Privacy is a major concern when publishing new datasets in
the context of Linked Open Data (LOD). A new dataset published in the
LOD is indeed exposed to privacy breaches due to the linkage to objects
already present in the other datasets of the LOD. In this work, we focus
on the problem of building safe anonymizations of an RDF graph to
guarantee that linking the anonymized graph with any external RDF
graph will not cause privacy breaches. Given a set of privacy queries as
input, we study the data-independent safety problem and the sequence of
anonymization operations necessary to enforce it. We provide sucient
conditions under which an anonymization instance is safe given a set of
privacy queries. Additionally, we show that our algorithms for RDF data
anonymization are robust in the presence of sameAs links that can be
explicit or inferred by additional knowledge.
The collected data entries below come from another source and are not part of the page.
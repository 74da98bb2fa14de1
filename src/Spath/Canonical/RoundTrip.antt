-- ===== src/Spath/Canonical/RoundTrip.antt =====
-- A canonical path, printed and parsed.
use stratodb.Base.{
  ℕ, ◌<◌, ◌^◌, ◌≡◌, ◌≢◌, refl, sym, ap, ◌∙◌, List, [], ◌∷◌, ◌++◌, append_assoc, append-nil, true,
  false, Text, text_eq, text_eq_sound, contains, split, contains-append, split_absent, split-append,
  show_u64, show_u64-lacks, All, All-append, arith, inl, inr, map, Bool-cases,
}
use stratodb.Error.{Segment, SPath, name, index, ok}
use stratodb.Spath.{dot, dot_dot}
use stratodb.Spath.Parse.{parse_token, parse_tokens, parse}
use stratodb.Spath.Display.{bracketed, show_from, show}
use stratodb.Spath.Canonical.{IsName, IsSegment, IsCanonical}
use stratodb.Spath.Canonical.Tokens.{
  IsBase, base_segments, brackets, AreIndices, brackets-append, IsToken, parse_token_lem,
}

-- The tokens of a text: those of the segments behind a token.
abbrev tokens_from : Text → List Segment → List Text
tokens_from token [] = token ∷ []
tokens_from token (name n ∷ segs) = token ∷ tokens_from n segs
tokens_from token (index i ∷ segs) = tokens_from (token ++ bracketed i) segs

brackets_lack : (is : List ℕ) → contains b'/' (brackets is) ≡ false
unfolding contains
brackets_lack [] = refl
brackets_lack (i ∷ is) = rw (
  contains-append b'/' (show_u64 i ++ b']' ∷ []) (brackets is),
  contains-append b'/' (show_u64 i) (b']' ∷ []),
  show_u64-lacks i b'/' (inl (omega arith)),
  brackets_lack is,
)

bracketed_lacks : (i : ℕ) → contains b'/' (bracketed i) ≡ false
bracketed_lacks i = rw (append-nil (bracketed i)) at (brackets_lack (i ∷ []))

split-show :
    (token : Text) (segs : List Segment)
    → contains b'/' token ≡ false
    → All IsSegment segs
    → split b'/' (token ++ show_from false segs) ≡ tokens_from token segs
unfolding show_from
split-show token [] h k = rw (append-nil token) (split_absent b'/' token h)
split-show token (name n ∷ segs) h (k, ks) =
    split-append b'/' token (n ++ show_from false segs) h
    ∙ ap (λ t. token ∷ t) (split-show n segs k.no_slash ks)
split-show token (index i ∷ segs) h (k, ks) =
    rw (← append_assoc token (bracketed i) (show_from false segs)) (
      split-show (token ++ bracketed i) segs
        (rw (contains-append b'/' token (bracketed i), h) (bracketed_lacks i)) ks)

text_eq-differs :
    (c : ℕ) (x y : Text) → contains c x ≡ true → contains c y ≡ false → text_eq x y ≡ false
text_eq-differs c x y h k = elim (Bool-cases (text_eq x y)) [
  | inl e ↦ cc (ap (contains c) (text_eq_sound x y e))
  | inr e ↦ e
]

-- A token is not `.` or `..`.
token_differs :
    (base : Text) (is : List ℕ) (y : Text)
    → contains b'[' y ≡ false
    → (IsName base → text_eq base y ≡ false)
    → IsToken base is
    → text_eq (base ++ brackets is) y ≡ false
token_differs [] [] y k f h = absurd (h.filled refl)
token_differs (c ∷ cs) [] y k f h = rw (append-nil (c ∷ cs)) (f h.base_ok)
token_differs base (i ∷ is) y k f h =
    let tail = (show_u64 i ++ b']' ∷ []) ++ brackets is in
    text_eq-differs b'[' (base ++ b'[' ∷ tail) y
      (rw (contains-append b'[' base (b'[' ∷ tail)) (unfold contains in ground arith)) k

parse_tokens_token :
    (token : Text) (tokens : List Text) (out segs : List Segment)
    → token ≢ []
    → text_eq token dot ≡ false
    → text_eq token dot_dot ≡ false
    → parse_token token out ≡ ok segs
    → parse_tokens (token ∷ tokens) out ≡ parse_tokens tokens segs
unfolding parse_tokens
parse_tokens_token [] tokens out segs filled f g h = absurd (filled refl)
parse_tokens_token (c ∷ cs) tokens out segs filled f g h = rw f (rw g (rw h refl))

parse_tokens_step :
    (base : Text) (is : List ℕ) (tokens : List Text) (out : List Segment)
    → IsToken base is
    → parse_tokens ((base ++ brackets is) ∷ tokens) out
      ≡ parse_tokens tokens (out ++ (base_segments base ++ map index is))
parse_tokens_step base is tokens out h =
    parse_tokens_token _ tokens out _ h.filled
      (token_differs base is dot (unfold contains in refl) (λ n. n.no_dot) h)
      (token_differs base is dot_dot (unfold contains in refl) (λ n. n.no_dot_dot) h)
      (parse_token_lem base is out h)

IsName-IsToken : (n : Text) → IsName n → IsToken n []
IsName-IsToken n h = record {
  base_ok = as_base n h;
  indices_ok = tt;
  filled = λ e. h.filled (sym (append-nil n) ∙ e);
}
  where
    as_base : (n : Text) → IsName n → IsBase n
    as_base [] h = tt
    as_base (c ∷ cs) h = h

name_segments : (n : Text) → IsName n → base_segments n ≡ name n ∷ []
name_segments [] h = absurd (h.filled refl)
name_segments (c ∷ cs) h = refl

append-ne-nil : (x y : Text) → y ≢ [] → x ++ y ≢ []
append-ne-nil [] y h = h
append-ne-nil (a ∷ x) y h = λ e. cc

IsToken-index :
    (base : Text) (is : List ℕ) (i : ℕ)
    → IsBase base
    → AreIndices is
    → i < 2 ^ 64
    → IsToken base (is ++ i ∷ [])
IsToken-index base is i b hs h = record {
  base_ok = b;
  indices_ok = All-append (λ i. i < 2 ^ 64) is (i ∷ []) hs (h, tt);
  filled =
      append-ne-nil base _
        (rw (brackets-append is (i ∷ [])) (append-ne-nil (brackets is) _ (λ e. cc)));
}

token_grows :
    (base : Text) (is : List ℕ) (i : ℕ)
    → base ++ brackets (is ++ i ∷ []) ≡ (base ++ brackets is) ++ bracketed i
token_grows base is i =
    rw
      (
        brackets-append is (i ∷ []),
        append-nil (bracketed i),
        append_assoc base (brackets is) (bracketed i),
      )
      refl

map_index-append : (is : List ℕ) (i : ℕ) → map index (is ++ i ∷ []) ≡ map index is ++ index i ∷ []
map_index-append [] i = refl
map_index-append (j ∷ is) i = ap (λ t. index j ∷ t) (map_index-append is i)

parse_tokens-from :
    (base : Text) (is : List ℕ) (segs out : List Segment)
    → IsToken base is
    → All IsSegment segs
    → parse_tokens (tokens_from (base ++ brackets is) segs) out
      ≡ ok (out ++ ((base_segments base ++ map index is) ++ segs))
parse_tokens-from base is [] out h k =
    parse_tokens_step base is [] out h
    ∙ unfold parse_tokens in
      ap (λ t. ok (out ++ t)) (sym (append-nil (base_segments base ++ map index is)))
parse_tokens-from base is (name n ∷ segs) out h (k, ks) =
    let front = base_segments base ++ map index is in
    let rest =
      rw (append-nil n, name_segments n k, append_assoc out front (name n ∷ segs)) at
        (parse_tokens-from n [] segs (out ++ front) (IsName-IsToken n k) ks) in
    parse_tokens_step base is (tokens_from n segs) out h ∙ rest
parse_tokens-from base is (index i ∷ segs) out h (k, ks) = rw (← token_grows base is i) (
    parse_tokens-from base (is ++ i ∷ []) segs out
      (IsToken-index base is i h.base_ok h.indices_ok k) ks
    ∙ ap (λ t. ok (out ++ t)) (simp (map_index-append, append_assoc)))

parse_filled :
    (s : Text) (segs : List Segment)
    → s ≢ []
    → parse_tokens (split b'/' s) [] ≡ ok segs
    → parse s ≡ ok (record { segments = segs })
unfolding parse
parse_filled [] segs h e = absurd (h refl)
parse_filled (c ∷ cs) segs h e = rw e

show_segments :
    (segs : List Segment)
    → All IsSegment segs
    → parse (show_from true segs) ≡ ok (record { segments = segs })
unfolding show_from
show_segments [] h = unfold parse in refl
show_segments (name n ∷ segs) (h, hs) =
    parse_filled (n ++ show_from false segs) _ (append_filled n (show_from false segs) h.filled) (
      rw (split-show n segs h.no_slash hs) (
        rw (append-nil n, name_segments n h) at
          (parse_tokens-from n [] segs [] (IsName-IsToken n h) hs)))
  where
    append_filled : (x y : Text) → x ≢ [] → x ++ y ≢ []
    append_filled [] y k = absurd (k refl)
    append_filled (a ∷ x) y k = λ e. cc
show_segments (index i ∷ segs) (h, hs) =
    parse_filled (bracketed i ++ show_from false segs) _ (λ e. cc)
      (rw (split-show (bracketed i) segs (bracketed_lacks i) hs) (
        rw (append-nil (bracketed i)) at
          (parse_tokens-from [] (i ∷ []) segs [] (IsToken-index [] [] i tt tt h) hs)))

-- A canonical path, printed and parsed, is itself: its names are not empty, hold none of `/`, `[`
-- and `]`, and are not `.` or `..`, and its indices fit in 64 bits.
pub parse-show : (p : SPath) → IsCanonical p → parse (show p) ≡ ok p
unfolding show
parse-show p h = show_segments p.segments h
Large-scale ontology-based data analytics: application to the SIDES 3.0 training platform in Medicine, Adam Sanchez
Funding: SIDES 3.0 project
Directors: Marie-Christine Rousset
co-supervisor: Fabrice Jouanot

abstract

The goal of the PhD work is to design and implement an OBDA infrastructure to support the storage, semantic enrichment and the on-demand analysis of large amounts of educational data. Ontology-based Data Access (OBDA) is a novel paradigm at the crossroad of Artificial Intelligence and Databases that has recently received an increasing interest because it enables end-users to ask their own (possibly complex) queries using a domain vocabulary they are familiar with. OBDA systems have a three-level architecture, constituted by an ontology, data sources, and mappings between the two. In the standard OBDA approach (called the virtual approach), the mappings are exploited to reformulate users queries into effective queries evaluated over the data sources. However, the state-of-the art rewriting approaches are unable to deal with complex aggregated and counting queries, which are yet at the core of data analytics.

OntoSAMSEI: Interactive ontology modeling for supporting simulation-based training in Medicine,Shadi Baghernezhad-Tabasi
Funding: University of Lyon 1, Samsei project
Directors: Marie-Christine Rousset
co-supervisor: Fabrice Jouanot, Loic Druette

abstract

Medical simulation is now a central thread in the fabric of medical education and as an integrative strategy to bridge theory to practice has been identified as a need in medical education in the future. Due to the recency of simulation-based training in medicine and the scarcity of available documentation and modelisation, current information retrieval and data mining approaches are not effective in understanding the context of simulation-based training content. The overall objectives of our research are to develop an interactive and incremental ontology modeling approach in order to model ill-defined domains such as some sub-domains related to pedagogy. We propose building an ontology for simulation-based medical education domain, called ONTOSAMSEI. The main contribution includes a new tool to automatically generate pre-filled forms guided by the ontology in order to share the acquired knowledge with the domain experts, and collect new information from them to enrich the ontology.